Cross-Tier Failover: For maximum reliability, the system can even failover to a different tier of keys if an entire level becomes unresponsive, ensuring critical requests always get through.
Real-time Configuration Sync: Any change made by an administrator—like adding a new key, updating a user's plan, or changing a routing rule—is instantly broadcast to all proxy instances in the cluster. This ensures immediate, cluster-wide consistency without needing to restart services.

3. Enhanced Features & Intelligence

Our proxy is more than just a pipe; it's an intelligent control plane for your AI operations.

Dynamic Model Mapping: You can request a generic model name like "gpt-4-best", and the proxy can intelligently map it to a specific, fine-tuned, or cost-effective backend model like "gpt-4o-mini" based on system-wide or user-specific rules. This simplifies client-side logic and allows for seamless model upgrades on the backend.
Intelligent Tiering (Key Levels): By grouping keys into levels, we can create sophisticated routing. For example, high-priority users can be routed to premium, high-rate-limit keys (Level 100), while background tasks can use more economical keys (Level 1).
Dynamic Key Discovery: In a unique and powerful feature, our proxy can analyze traffic to discover and validate new, working API keys, automatically adding them to the available pools. This self-healing and self-expanding capability further enhances system resilience.
Comprehensive & Precise Usage Tracking: We parse every response to accurately calculate token usage (prompt, completion, reasoning, etc.) and associated costs for a wide variety of models, including chat, image, and audio. This provides you with precise, real-time billing and budget control.

4. Robust Security

Security is non-negotiable. We've implemented a layered security model to protect your service and your data.
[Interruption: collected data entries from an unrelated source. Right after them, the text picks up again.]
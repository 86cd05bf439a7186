-- ===== src/Http/Guarding.antt =====
-- Who gets through the handlers, and how the replies follow the services.
use orchestrix_api.Common.{
  String, ◌≡◌, refl, ap, sym, Bool, true, false, Option, none, some, List, [], ◌∷◌, All, ℤ, leb,
  ltb, ◌&&◌, if_elim, subst,
}
use orchestrix_api.Fault.{Error, Result, ok, err, is_error}
use orchestrix_api.Domain.Values.{Uuid}
use orchestrix_api.Domain.Alert.{Alert}
use orchestrix_api.Domain.Execution.{Execution}
use orchestrix_api.Domain.Workflow.{Workflow}
use orchestrix_api.Engine.Definition.{Fields}
use orchestrix_api.Auth.{User}
use orchestrix_api.Port.Call.{Ports, History}
use orchestrix_api.Port.Action.{Action, accepted}
use orchestrix_api.Service.Alert as AlertService
use orchestrix_api.Service.Execution as ExecutionService
use orchestrix_api.Service.Workflow as WorkflowService
use orchestrix_api.Http.Handling.{
  Params, Handler, Reply, refused, replied, listed, no_content, with_user, with_parsed, with_id,
  with_body, serve, list_with, Case, refuse, reply_to, case, is_alert_not_found,
  is_alert_rule_not_found, is_audit_log_not_found, is_alert_already_acknowledged,
  is_alert_already_resolved, is_execution_not_found, is_execution_cannot_cancel,
  is_workflow_not_found, is_workflow_cannot_execute,
}
use orchestrix_api.Http.Alerts as Alerts
use orchestrix_api.Http.Alerts.{CreateAlertRequest}
use orchestrix_api.Http.Executions as Executions
use orchestrix_api.Http.Workflows as Workflows
use orchestrix_api.Http.Rules as Rules
use orchestrix_api.Http.Rules.{RuleCodec, CreateAlertRuleRequest, UpdateAlertRuleRequest}
use orchestrix_api.Http.AuditLogs as AuditLogs
use orchestrix_api.Domain.AlertRule.{AlertRule}
use orchestrix_api.Domain.Audit.{AuditLog}
use orchestrix_api.Service.AlertRule as RuleService
use orchestrix_api.Service.Audit as AuditService
use orchestrix_api.Http.Workflows.{
  Codec, CreateWorkflowRequest, UpdateWorkflowRequest, update_input,
}

-- A request without a user.
abbrev pub anonymous : String → ℤ → ℤ → Params
anonymous id page limit = record { user = none; id = id; page = page; limit = limit }

-- The reply to it, before any call.
abbrev pub Unauthorized : {A : Type 0} → Handler A → Type 0
Unauthorized {A} f = (h : History) → f h ≡ (refused 401 "unauthorized", h)

-- Every handler of alerts, executions, workflows, rules and audit logs refuses a request without a user with a 401 and
-- calls no adapter.
pub anonymous-Unauthorized :
    (p : Ports) (c : Codec) (id : String) (page limit : ℤ) (alert : Option CreateAlertRequest)
    (workflow : Option CreateWorkflowRequest) (update : Option UpdateWorkflowRequest)
    (input : Option (Option Fields)) (rc : RuleCodec) (rule : Option CreateAlertRuleRequest)
    (rule_update : Option UpdateAlertRuleRequest)
    → Unauthorized (Alerts.list p (anonymous id page limit))
      × Unauthorized (Alerts.get p (anonymous id page limit))
      × Unauthorized (Alerts.create p alert (anonymous id page limit))
      × Unauthorized (Alerts.acknowledge p (anonymous id page limit))
      × Unauthorized (Alerts.resolve p (anonymous id page limit))
      × Unauthorized (Executions.list p (anonymous id page limit))
      × Unauthorized (Executions.get p (anonymous id page limit))
      × Unauthorized (Executions.cancel p (anonymous id page limit))
      × Unauthorized (Workflows.list p c (anonymous id page limit))
      × Unauthorized (Workflows.get p c (anonymous id page limit))
      × Unauthorized (Workflows.create p c workflow (anonymous id page limit))
      × Unauthorized (Workflows.update p c update (anonymous id page limit))
      × Unauthorized (Workflows.delete p c (anonymous id page limit))
      × Unauthorized (Workflows.execute p c input (anonymous id page limit))
      × Unauthorized (Workflows.list_executions p c (anonymous id page limit))
      × Unauthorized (Rules.list p rc (anonymous id page limit))
      × Unauthorized (Rules.get p rc (anonymous id page limit))
      × Unauthorized (Rules.create p rc rule (anonymous id page limit))
      × Unauthorized (Rules.update p rc rule_update (anonymous id page limit))
      × Unauthorized (Rules.delete p rc (anonymous id page limit))
      × Unauthorized (AuditLogs.list p (anonymous id page limit))
      × Unauthorized (AuditLogs.get p (anonymous id page limit))
unfolding Alerts.list Alerts.get Alerts.create Alerts.acknowledge Alerts.resolve Executions.list
    Executions.get Executions.cancel Workflows.list Workflows.get Workflows.create Workflows.update
    Workflows.delete Workflows.execute Workflows.list_executions Rules.list Rules.get Rules.create
    Rules.update Rules.delete AuditLogs.list AuditLogs.get with_user list_with
anonymous-Unauthorized p c id page limit alert workflow update input rc rule rule_update = (
  λ h. refl,
  λ h. refl,
  λ h. refl,
  λ h. refl,
  λ h. refl,
  λ h. refl,
  λ h. refl,
  λ h. refl,
  λ h. refl,
  λ h. refl,
  λ h. refl,
  λ h. refl,
  λ h. refl,
  λ h. refl,
  λ h. refl,
  λ h. refl,
  λ h. refl,
  λ h. refl,
  λ h. refl,
  λ h. refl,
  λ h. refl,
  λ h. refl,
)

-- A reply with a status from 200 to 299.
abbrev pub is_success : {A : Type 0} → Reply A → Bool
is_success (refused status message) = leb 200 status && ltb status 300
is_success (replied status a) = leb 200 status && ltb status 300
is_success (listed items total page limit) = true
is_success no_content = true

refuse-is_success :
    (A : Type 0) (cases : List Case) (message : String) (e : Error)
    → All (λ c. (leb 200 c.status && ltb c.status 300) ≡ false) cases
    → is_success (refuse {A = A} cases message e) ≡ false
unfolding refuse
refuse-is_success A [] message e all = refl
refuse-is_success A (c ∷ cs) message e (q, all) =
    if_elim (λ r. is_success {A = A} r ≡ false) (is_error c.target e) _ _ (λ _. q)
      λ _. refuse-is_success A cs message e all

-- A handler follows a method of a service: it makes the same calls, and its reply is a success exactly
-- if the method returns no error.
abbrev pub Follows : {A B : Type 0} → Handler A → Action B → History → Type 0
Follows f action h = (is_success (f h).0 ≡ accepted (action h).0) × ((f h).1 ≡ (action h).1)

reply_to-is_success :
    {A B : Type 0} (cases : List Case) (message : String) (f : B → Reply A) (r : Result B)
    → All (λ c. (leb 200 c.status && ltb c.status 300) ≡ false) cases
    → ((b : B) → is_success (f b) ≡ true)
    → is_success (reply_to cases message f r) ≡ accepted r
reply_to-is_success cases message f (ok b) all good = good b
reply_to-is_success cases message f (err e) all good = refuse-is_success _ cases message e all

serve-Follows :
    {A B : Type 0} (cases : List Case) (message : String) (f : B → Reply A) (action : Action B)
    (h : History)
    → All (λ c. (leb 200 c.status && ltb c.status 300) ≡ false) cases
    → ((b : B) → is_success (f b) ≡ true)
    → Follows (serve cases message f action) action h
unfolding serve
serve-Follows cases message f action h all good =
    (reply_to-is_success cases message f (action h).0 all good, refl)

-- The same behind the id of the URL.
with_id-Follows :
    (A : Type 0) {B : Type 0} (p : Ports) (s : String) (id : Uuid) (cases : List Case)
    (message : String) (f : B → Reply A) (action : Uuid → Action B) (h : History)
    → p.host.parse_uuid s ≡ (id, none)
    → All (λ c. (leb 200 c.status && ltb c.status 300) ≡ false) cases
    → ((b : B) → is_success (f b) ≡ true)
    → Follows (with_id p s λ i. serve cases message f (action i)) (action id) h
unfolding with_id
with_id-Follows A p s id cases message f action h e all good =
    subst
      (λ (r : Reply A × History).
        (is_success r.0 ≡ accepted (action id h).0) × (r.1 ≡ (action id h).1))
      (ap (λ x. with_parsed x (λ i. serve cases message f (action i)) h) (sym e))
      (serve-Follows cases message f (action id) h all good)

-- The handlers of one alert, execution, workflow, rule or audit log make the calls of their service and reply with a
-- success exactly if it returns no error, for a user of whatever tenant: none compares the tenant of
-- the user with that of the entity. Conditions: the id of the URL is a UUID, and the body decodes.
pub handlers-Follows :
    (p : Ports) (c : Codec) (rc : RuleCodec) (u : User) (s : String) (page limit : ℤ) (id : Uuid)
    (update : UpdateWorkflowRequest) (rule_update : UpdateAlertRuleRequest) (input : Option Fields)
    (h : History)
    → p.host.parse_uuid s ≡ (id, none)
    → let q : Params = record { user = some u; id = s; page = page; limit = limit } in
      Follows (Alerts.get p q) (AlertService.get_by_id p id) h
      × Follows
          (Alerts.acknowledge p q)
          (AlertService.acknowledge p id (p.host.parse_uuid u.id).0)
          h
      × Follows (Alerts.resolve p q) (AlertService.resolve p id (p.host.parse_uuid u.id).0) h
      × Follows (Executions.get p q) (ExecutionService.get_by_id p id) h
      × Follows (Executions.cancel p q) (ExecutionService.cancel p id) h
      × Follows (Workflows.get p c q) (WorkflowService.get_by_id p id) h
      × Follows
          (Workflows.update p c (some update) q)
          (WorkflowService.update p id (update_input c update))
          h
      × Follows (Workflows.delete p c q) (WorkflowService.delete p id) h
      × Follows
          (Workflows.execute p c (some input) q)
          (WorkflowService.execute p id u.id (c.marshal_input input))
          h
      × Follows (Rules.get p rc q) (RuleService.get_by_id p id) h
      × Follows
          (Rules.update p rc (some rule_update) q)
          (RuleService.update p id (Rules.update_input rc rule_update))
          h
      × Follows (Rules.delete p rc q) (RuleService.delete p id) h
      × Follows (AuditLogs.get p q) (AuditService.get_by_id p id) h
unfolding Alerts.get Alerts.acknowledge Alerts.resolve Executions.get Executions.cancel
    Workflows.get Workflows.update Workflows.delete Workflows.execute with_user with_body Rules.get
    Rules.update Rules.delete AuditLogs.get
handlers-Follows p c rc u s page limit id update rule_update input h e = (
  with_id-Follows Alert p s id (case is_alert_not_found 404 "alert not found" ∷ [])
      "failed to get alert" (λ a. replied 200 a) (λ i. AlertService.get_by_id p i) h e (refl, tt)
      λ b. refl,
  with_id-Follows Alert p s id
      (case is_alert_not_found 404 "alert not found"
        ∷ case is_alert_already_acknowledged 400 "alert already acknowledged"
        ∷ [])
      "failed to acknowledge alert" (λ a. replied 200 a)
      (λ i. AlertService.acknowledge p i (p.host.parse_uuid u.id).0) h e (refl, (refl, tt))
      λ b. refl,
  with_id-Follows Alert p s id
      (case is_alert_not_found 404 "alert not found"
        ∷ case is_alert_already_resolved 400 "alert already resolved"
        ∷ [])
      "failed to resolve alert" (λ a. replied 200 a)
      (λ i. AlertService.resolve p i (p.host.parse_uuid u.id).0) h e (refl, (refl, tt)) λ b. refl,
  with_id-Follows Execution p s id (case is_execution_not_found 404 "execution not found" ∷ [])
      "failed to get execution" (λ a. replied 200 a) (λ i. ExecutionService.get_by_id p i) h e
      (refl, tt) λ b. refl,
  with_id-Follows Execution p s id
      (case is_execution_not_found 404 "execution not found"
        ∷ case is_execution_cannot_cancel 400 "execution cannot be cancelled"
        ∷ [])
      "failed to cancel execution" (λ a. no_content) (λ i. ExecutionService.cancel p i) h e
      (refl, (refl, tt)) λ b. refl,
  with_id-Follows Workflow p s id (case is_workflow_not_found 404 "workflow not found" ∷ [])
      "failed to get workflow" (λ a. replied 200 a) (λ i. WorkflowService.get_by_id p i) h e
      (refl, tt) λ b. refl,
  with_id-Follows Workflow p s id (case is_workflow_not_found 404 "workflow not found" ∷ [])
      "failed to update workflow" (λ a. replied 200 a)
      (λ i. WorkflowService.update p i (update_input c update)) h e (refl, tt) λ b. refl,
  with_id-Follows Workflow p s id (case is_workflow_not_found 404 "workflow not found" ∷ [])
      "failed to delete workflow" (λ a. no_content) (λ i. WorkflowService.delete p i) h e (refl, tt)
      λ b. refl,
  with_id-Follows Execution p s id
      (case is_workflow_not_found 404 "workflow not found"
        ∷ case is_workflow_cannot_execute 400 "workflow cannot be executed"
        ∷ [])
      "failed to execute workflow" (λ a. replied 202 a)
      (λ i. WorkflowService.execute p i u.id (c.marshal_input input)) h e (refl, (refl, tt))
      λ b. refl,
  with_id-Follows AlertRule p s id (case is_alert_rule_not_found 404 "alert rule not found" ∷ [])
      "failed to get alert rule" (λ a. replied 200 a) (λ i. RuleService.get_by_id p i) h e
      (refl, tt) λ b. refl,
  with_id-Follows AlertRule p s id (case is_alert_rule_not_found 404 "alert rule not found" ∷ [])
      "failed to update alert rule" (λ a. replied 200 a)
      (λ i. RuleService.update p i (Rules.update_input rc rule_update)) h e (refl, tt) λ b. refl,
  with_id-Follows AlertRule p s id (case is_alert_rule_not_found 404 "alert rule not found" ∷ [])
      "failed to delete alert rule" (λ a. no_content) (λ i. RuleService.delete p i) h e (refl, tt)
      λ b. refl,
  with_id-Follows AuditLog p s id (case is_audit_log_not_found 404 "audit log not found" ∷ [])
      "failed to get audit log" (λ a. replied 200 a) (λ i. AuditService.get_by_id p i) h e
      (refl, tt) λ b. refl,
)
Multi-Layered Access Control (ACL): Every incoming request passes through a rigorous pipeline:
1. Authentication: Validates the user's API key.
2. IP allowlisting: Ensures requests originate from authorized IP addresses or CIDR ranges.
3. User-Level Policies: Enforces status checks (e.g., active, suspended) and spending limits.
4. Model & Resource ACL: Granularly controls which users can access which models and API endpoints.
Per-User, Per-Model Rate Limiting: Go beyond simple global limits. You can define precise Requests-Per-Minute (RPM) and Tokens-Per-Minute (TPM) limits for each user, and even for specific models used by that user.
Secure Credential Management: All sensitive data, such as upstream API keys and user credentials, is encrypted at rest in our persistent database.

The XAI Router is an intelligent, resilient, and highly-performant router engineered to solve the real-world challenges of building and scaling AI-powered applications. By combining intelligent routing, automatic failover, and robust security, we provide a solid foundation you can build your business on with confidence.